This post is dedicated to the memory of Noboru Ishiguro, one of the gods of /m/ anime and the original director of several of the individual pieces that make up the following monstrosity. We fucked up some of his greatest works, so we at least owe it to him to acknowledge that. Thanks also to The Land of Obscusion, from whom I stole the cover image for this article.

Why does Robotech: the Movie matter?

I’m well aware that unless you’re either really dedicated or an ancient curmudgeon like me, you probably have no idea what either Robotech or Megazone 23 are- it’s not likely that you’ve heard of either one these days. Why does it matter? Because Robotech, for all its many flaws, helped create the market for anime in the US.

The series ran concurrently with The Real Ghostbusters and Transformers and He-Man, and it’s Robotech (along with Voltron, Mighty Orbots, Star Blazers and to a much lesser extent Tranzor Z, Galaxy Rangers and Saber Rider and the Star Sherriffs) that got a lot of 80’s nerdballs curious about them wacky cartoons from Japan.

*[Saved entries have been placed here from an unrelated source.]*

-- ===== src/KvCache/Files.antt =====
-- The functions of construct/kv_cache_subgraph.py and construct/kv_cache_export.py that cut a
-- subgraph, or export a model, unless its file is there. The lock that each holds meanwhile leaves
-- one of them at work at a time.
use Prim.Native.String.{◌++◌ as ◌<>◌}
use graph_extraction.Base.{
  ℕ, suc, ◌+◌, ◌-◌, ◌/◌, ◌%◌, String, Bool, ◌||◌, not, Option, none, some, List, [], ◌∷◌, ◌++◌,
  length, ◌==◌, str_eq, if◌then◌else◌,
}
use graph_extraction.Base.Dict.{Dict, lookup, insert}
use graph_extraction.Base.Texts.{mem}
use graph_extraction.Base.Decimal.{show}
use graph_extraction.Config.{ModelConfig, dir}
use graph_extraction.Onnx.{Node, Graph}
use graph_extraction.KvCache.{
  Result, ok, raised, value_error, file_not_found, ◌>>=◌, check_block_prefix, sublayer_tensor_name,
  boundary_for_index, present_kv_names, count_layers, rename_tensor,
}

-- What is used of onnx and of the export by optimum-cli, which may fail.
pub record Onnx (A : Type 0) : Type 0 where
  pub infer_shapes : Graph A → Graph A
  pub extract_model : Graph A → List String → List String → Result (Graph A)
  pub export : String → Result (Graph A)

unfoldable pub kv_cache_model_dir : ModelConfig → String → String
unfolding dir
kv_cache_model_dir cfg node = dir cfg node <> "/kv_cache_export"

unfoldable pub kv_cache_model_path : ModelConfig → String → String
unfolding kv_cache_model_dir
kv_cache_model_path cfg node = kv_cache_model_dir cfg node <> "/model.onnx"

abbrev pub dir_or : Option String → String → String
dir_or none d = d
dir_or (some out_dir) d = out_dir

unfoldable pub kv_cache_sublayer_path : ModelConfig → String → ℕ → Option String → String
unfolding kv_cache_model_dir
kv_cache_sublayer_path cfg node j_in out_dir =
    dir_or out_dir (kv_cache_model_dir cfg node)
    <> ("/sublayer." <> (show j_in <> ("." <> (show (j_in + 1) <> ".forward.onnx"))))

unfoldable pub kv_cache_extra_outputs_path : ModelConfig → String → ℕ → String → String
unfolding kv_cache_model_dir
kv_cache_extra_outputs_path cfg node layer_idx boundary =
    kv_cache_model_dir cfg node
    <> ("/extra_outputs.layers_" <> (show layer_idx <> ("_" <> (boundary <> ".onnx"))))

pub record KvSublayer : Type 0 where
  pub path : String
  pub j_in : ℕ
  pub layer_idx : Option ℕ
  pub extra_inputs : List String

abbrev pub hidden_in : String
hidden_in = "hidden_in"

abbrev pub hidden_out : String
hidden_out = "hidden_out"

-- `tuple(i.name for i in inputs if i.name != name)`
unfoldable pub without : String → List String → List String
without name [] = []
without name (i ∷ is) = let rest = without name is in if str_eq i name then rest else i ∷ rest

unfoldable pub used_names : {A : Type 0} → List (Node A) → List String
used_names [] = []
used_names (n ∷ ns) = n.input ++ used_names ns

unfoldable pub keep_inputs : String → List String → List String → List String
keep_inputs in_name used [] = []
keep_inputs in_name used (i ∷ is) =
    let rest = keep_inputs in_name used is in
    if str_eq i in_name || mem i used then i ∷ rest else rest

-- The layer whose past an attention sublayer reads.
unfoldable pub attention_layer : ℕ → Option ℕ
attention_layer j_in = if (j_in + 1) % 2 == 1 then some ((j_in + 1 - 1) / 2) else none

module _ {A : Type 0} (onnx : Onnx A) (cfg : ModelConfig) (node : String) where
  abbrev pub Files : Type 0
  Files = Dict (Graph A)

  unfoldable pub ensure_kv_cache_model : Bool → Files → Result (String × Files)
  unfolding kv_cache_model_path
  ensure_kv_cache_model force s =
      let path = kv_cache_model_path cfg node in
      let exported : Result (String × Files) =
        onnx.export cfg.model >>= λ g. ok (path, insert path g s) in
      if not (str_eq cfg.input_name "input_ids") then raised value_error else elim (lookup path s) [
        | none ↦ exported
        | some g ↦ if force then exported else ok (path, s)
      ]

  -- The base model, which has to be there.
  abbrev pub with_model : {B : Type 0} → Option (Graph A) → (Graph A → Result B) → Result B
  with_model none f = raised file_not_found
  with_model (some g) f = f g

  -- The tensor at a boundary of a checked model.
  unfoldable pub boundary_tensor : Graph A → ℕ → Result String
  boundary_tensor g j = do
    prefix ← check_block_prefix g cfg.block_prefix
    let (layer_idx, boundary) = boundary_for_index j
    sublayer_tensor_name layer_idx boundary prefix (some g)

  -- The inputs that are kept, and the two boundaries under their fixed names.
  abbrev pub cut : String → String → Graph A → Graph A
  cut in_name out_name g = rename_tensor out_name hidden_out (
      rename_tensor in_name hidden_in
        (record g { input = keep_inputs in_name (used_names g.node) g.input }))

  unfoldable pub extract_sublayer : ℕ → String → Graph A → Files → Result (KvSublayer × Files)
  unfolding boundary_tensor attention_layer without
  extract_sublayer j_in path g s = do
    in_name ← boundary_tensor g j_in
    out_name ← boundary_tensor g (j_in + 1)
    extracted ← onnx.extract_model (onnx.infer_shapes g) (in_name ∷ g.input) (out_name ∷ [])
    let kept = keep_inputs in_name (used_names extracted.node) extracted.input
    ok (
      record {
        path = path;
        j_in = j_in;
        layer_idx = attention_layer j_in;
        extra_inputs = without in_name kept;
      },
      insert path (cut in_name out_name extracted) s,
    )

  abbrev pub cached_sublayer : ℕ → String → Graph A → KvSublayer
  cached_sublayer j_in path g = record {
    path = path;
    j_in = j_in;
    layer_idx = attention_layer j_in;
    extra_inputs = without hidden_in g.input;
  }

  abbrev pub sublayer_at :
      ℕ → Bool → String → Graph A → Option (Graph A) → Files → Result (KvSublayer × Files)
  sublayer_at j_in force path g none s = extract_sublayer j_in path g s
  sublayer_at j_in force path g (some cached) s =
      if force then extract_sublayer j_in path g s else ok (cached_sublayer j_in path cached, s)

  unfoldable pub ensure_kv_cache_sublayer :
      ℕ → Option String → Bool → Files → Result (KvSublayer × Files)
  unfolding extract_sublayer kv_cache_sublayer_path kv_cache_model_path attention_layer without
  ensure_kv_cache_sublayer j_in out_dir force s =
      let path = kv_cache_sublayer_path cfg node j_in out_dir in
      with_model (lookup (kv_cache_model_path cfg node) s)
        λ g. sublayer_at j_in force path g (lookup path s) s

  -- `[sublayer_tensor_name(...) for j in range(n)]`, from `j` on.
  unfoldable pub boundary_tensors : Graph A → ℕ → ℕ → Result (List String)
  unfolding boundary_tensor
  boundary_tensors g ℕ.zero j = ok []
  boundary_tensors g (suc n) j = do
    name ← boundary_tensor g j
    names ← boundary_tensors g n (suc j)
    ok (name ∷ names)

  -- A graph with the outputs asked for, unless its file is there.
  abbrev pub extract_outputs : String → Bool → Graph A → List String → Files → Result Files
  extract_outputs path force g outputs s =
      let extracted : Result Files =
        onnx.extract_model (onnx.infer_shapes g) g.input outputs >>= λ g'. ok (insert path g' s) in
      elim (lookup path s) [ none ↦ extracted | some cached ↦ if force then extracted else ok s ]

  unfoldable pub ensure_kv_cache_boundaries :
      Bool → Files → Result (String × List String × ℕ × Files)
  unfolding kv_cache_model_dir kv_cache_model_path boundary_tensors
  ensure_kv_cache_boundaries force s =
      let path = kv_cache_model_dir cfg node <> "/extra_outputs.all_boundaries.onnx" in
      with_model (lookup (kv_cache_model_path cfg node) s) λ g. do
        prefix ← check_block_prefix g cfg.block_prefix
        let n_layers = count_layers g.input
        names ← boundary_tensors g (length cfg.sublayers) 0
        s' ← extract_outputs path force g (names ++ present_kv_names n_layers) s
        ok (path, names, n_layers, s')

  unfoldable pub ensure_kv_cache_extra_outputs :
      ℕ → String → Bool → Files → Result (String × String × ℕ × Files)
  unfolding kv_cache_extra_outputs_path kv_cache_model_path
  ensure_kv_cache_extra_outputs layer_idx boundary force s =
      let path = kv_cache_extra_outputs_path cfg node layer_idx boundary in
      with_model (lookup (kv_cache_model_path cfg node) s) λ g. do
        prefix ← check_block_prefix g cfg.block_prefix
        name ← sublayer_tensor_name layer_idx boundary prefix (some g)
        let n_layers = count_layers g.input
        s' ← extract_outputs path force g (name ∷ present_kv_names n_layers) s
        ok (path, name, n_layers, s')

At the time, it was not really well known – hey, we were like 13, man! –  that a lot of our favorite shows actually originated in Japan. But some of us started noticing how many series had Japanese names in the credits- when the companies could be bothered to actually give credits. If we were paying attention, we started to learn a couple of studio names:  TMS or Tokyo Movie Shinsha always had great animation, better than other studios. We started to be able to tell TMS episodes from other episodes by the art style alone. We knew Toei Animation from Transformers. We heard about Tatsunoko here and there. We heard a little about Sunrise. We knew that some guy named Tezuka had made some robot dude named Astro Boy in the 60s. We vaguely remembered something about Speed Racer. We knew something was going on and we wanted in.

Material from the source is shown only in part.